We used the thermal Green’s function method to calculate the dimensionless parameter under multiple scattering and compared with Equation (9) (see Figure 10) and explored this dimensionless parameter of the array varying with the radius, particle spacing and particle number. From the calculation results in Figure 10, it can be seen that the state parameters with multiple scattering are between 0.02 and 1.04, which indicates that the structure under consideration is basically in the temperature delocalization state. It is obvious that the dimensionless parameter decreases with the increase of radius and particle number, shown in Figure 10a,c. Interestingly, the parameters increase linearly with particle spacing.

In order to observe the temperature distribution of the array more intuitively, we calculated the temperature distribution of some structures and the temperature variation curve of the horizontal center line, shown in Figure 11. Each particle can be regarded as an individual nano heat source when $\zeta =1.04$. However, as $\zeta$ decreases, the thermal coupling effect becomes obvious, and the temperature of the array tends to be more uniform. So, we can draw the conclusion that the parameter $\zeta$ of our structures denotes the temperature delocalization regime.

Similarly, to analyze the temperature distribution in detail, we explored the center and maximum temperature of the array varying with the radius, particle spacing and particle number. We found that the maximum temperature is not the position of the array center, which is reflected in Figure 11. As for maximum and center temperatures, they significantly rise quickly as the particle radius increases when $8nm\le R\le 20nm$, shown in Figure 12a. However, the effect of plasmonic coupling leads to the decrease in temperature when $R>20nm$. The center and maximum temperature of the array decrease when the particle spacing increases, and it increases linearly with the number of particles, as shown in Figure 12b,c.
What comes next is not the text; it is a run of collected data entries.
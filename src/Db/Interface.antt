-- ===== src/Db/Interface.antt =====
-- db/interface.go: the interface that the other packages take for a database, `DB` as one, and the
-- calls of its methods that write. A context is not a part of a call: no method reads it.
pub mod Contents
pub mod Refinement
pub mod Actions
pub mod Keyed
pub mod Batched
pub mod Memory
pub mod Runs
use alma_backend_task.Prelude.{
  ℕ, String, Bool, Option, none, some, List, [], ◌∷◌, ok, err, panic, ◌>>=◌,
}
use alma_backend_task.Value.{Value}
use alma_backend_task.Db.Types.{Record, TableSchema, Db, ConflictOptions, Error, Outcome}
use alma_backend_task.Db.Tables.{create_table, drop_table, clear, has_table}
use alma_backend_task.Db.Insert.{insert, get, delete}
use alma_backend_task.Db.Upsert.{upsert}
use alma_backend_task.Db.Batch.{insert_batch, upsert_batch}
use alma_backend_task.Db.Conflict.{insert_on_conflict, insert_batch_on_conflict}
use alma_backend_task.Db.Query.{QueryBuilder, Groups, select, all, all_grouped_by, count}
use alma_backend_task.Db.Join.{JoinBuilder, join}

-- The state behind the interface is passed along. A method that only reads gives no state.
pub record Database (S : Type 0) : Type 0 where
  pub create_table_of : TableSchema → S → Outcome S
  pub drop_table_of : String → S → Outcome S
  pub table_exists_in : String → S → Bool
  pub clear_of : S → Outcome S
  pub insert_of : String → Record → S → Outcome S
  pub upsert_of : String → Record → S → Outcome S
  pub get_of : String → Value → S → Outcome Record
  pub delete_of : String → Value → S → Outcome S
  pub insert_batch_of : String → List Record → S → Outcome S
  pub upsert_batch_of : String → List Record → S → Outcome S
  pub insert_on_conflict_of : String → ConflictOptions → Record → S → Outcome S
  pub insert_batch_on_conflict_of : String → ConflictOptions → List Record → S → Outcome S
  pub select_of : String → QueryBuilder
  pub all_of : String → S → Outcome (List Record)
  pub all_grouped_by_of : String → String → S → Outcome Groups
  pub count_of : String → S → Outcome ℕ
  pub join_of : String → String → JoinBuilder

-- `var _ Database = (*DB)(nil)`
abbrev pub memory : Database Db
memory = record {
  create_table_of = create_table;
  drop_table_of = drop_table;
  table_exists_in = has_table;
  clear_of = λ db. ok (clear db);
  insert_of = insert;
  upsert_of = upsert;
  get_of = get;
  delete_of = delete;
  insert_batch_of = insert_batch;
  upsert_batch_of = upsert_batch;
  insert_on_conflict_of = insert_on_conflict;
  insert_batch_on_conflict_of = insert_batch_on_conflict;
  select_of = select;
  all_of = all;
  all_grouped_by_of = all_grouped_by;
  count_of = count;
  join_of = join;
}

-- A call of a method that writes, with its arguments.
pub data Call : Type 0 where
  call_create_table : TableSchema → Call
  call_drop_table : String → Call
  call_clear : Call
  call_insert call_upsert : String → Record → Call
  call_delete : String → Value → Call
  call_insert_batch call_upsert_batch : String → List Record → Call
  call_insert_on_conflict : String → ConflictOptions → Record → Call
  call_insert_batch_on_conflict : String → ConflictOptions → List Record → Call

unfoldable pub perform : {S : Type 0} → Database S → Call → S → Outcome S
perform d (call_create_table schema) s = d.create_table_of schema s
perform d (call_drop_table name) s = d.drop_table_of name s
perform d call_clear s = d.clear_of s
perform d (call_insert name r) s = d.insert_of name r s
perform d (call_upsert name r) s = d.upsert_of name r s
perform d (call_delete name pk) s = d.delete_of name pk s
perform d (call_insert_batch name rs) s = d.insert_batch_of name rs s
perform d (call_upsert_batch name rs) s = d.upsert_batch_of name rs s
perform d (call_insert_on_conflict name opts r) s = d.insert_on_conflict_of name opts r s
perform d (call_insert_batch_on_conflict name opts rs) s =
    d.insert_batch_on_conflict_of name opts rs s

-- What the caller sees of a call: the error, or that there was none. An error leaves the database.
abbrev pub replied : {S : Type 0} → S → Outcome S → Outcome (S × Option Error)
replied s panic = panic
replied s (err e) = ok (s, some e)
replied s (ok s') = ok (s', none)

-- One call after the other, and the replies.
unfoldable pub perform_all :
    {S : Type 0} → (Call → S → Outcome S) → List Call → S → Outcome (S × List (Option Error))
perform_all step [] s = ok (s, [])
perform_all step (c ∷ cs) s = do
  (s₁, reply) ← replied s (step c s)
  (s₂, replies) ← perform_all step cs s₁
  ok (s₂, reply ∷ replies)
It is always a major subject to control the temperature distribution by using nanoscale particles, and it has been reported that specific temperature distribution can be achieved by designing structures [27]. This can be used to manipulate single cell adhesion [28] and other fields [29]. It has broad application prospects. In the study, we found that, as shown in Figure 13, the plasma coupling effect led to an unconventional temperature distribution in the array, which varied with the number of particles. Therefore, we consider that adjusting the plasma coupling mode can also be a way to achieve temperature distribution regulation.

4. Conclusions

The near-field enhancement and photo-thermal temperature distribution of Ag nanoparticle arrays were investigated by using DDA and thermal Green's function methods. The results show that in the polarization direction, ‘hot spots’ appear in the particle gap when the particle spacing is smaller than the particle radius. The particle radius also affects the generation of ‘hot spots’. It is noted that the absorption and scattering efficiencies of the array are unchanged when the illumination polarization angle is changed, and the position of the ‘hot spots’ do not rotate with the polarization direction of the illumination light. Moreover, we find that ‘constant spots’, which are located at the array center composed of four adjacent particles, and the factor of near-field enhancement stay constant in these spots when the illumination polarization varies. As for photo-induced heating, we determined a parameter $\zeta$ to describe the temperature delocalization state. Each particle can be regarded as an individual nano-heat source when the dimensionless parameter $\zeta =1.04$. However, as $\zeta$ decreases, the thermal coupling effect becomes obvious, and the temperature of the array tends to be more uniform. Interestingly, the maximum temperature is not always located at the position of the array center. However, the center and maximum temperature vary with the parameter of the array with a similar law. Here, we propose that the coupling effect of a scattered light field between particles may also be used to regulate temperature distribution. This work provides some theoretical considerations for the field manipulation of nanostructures.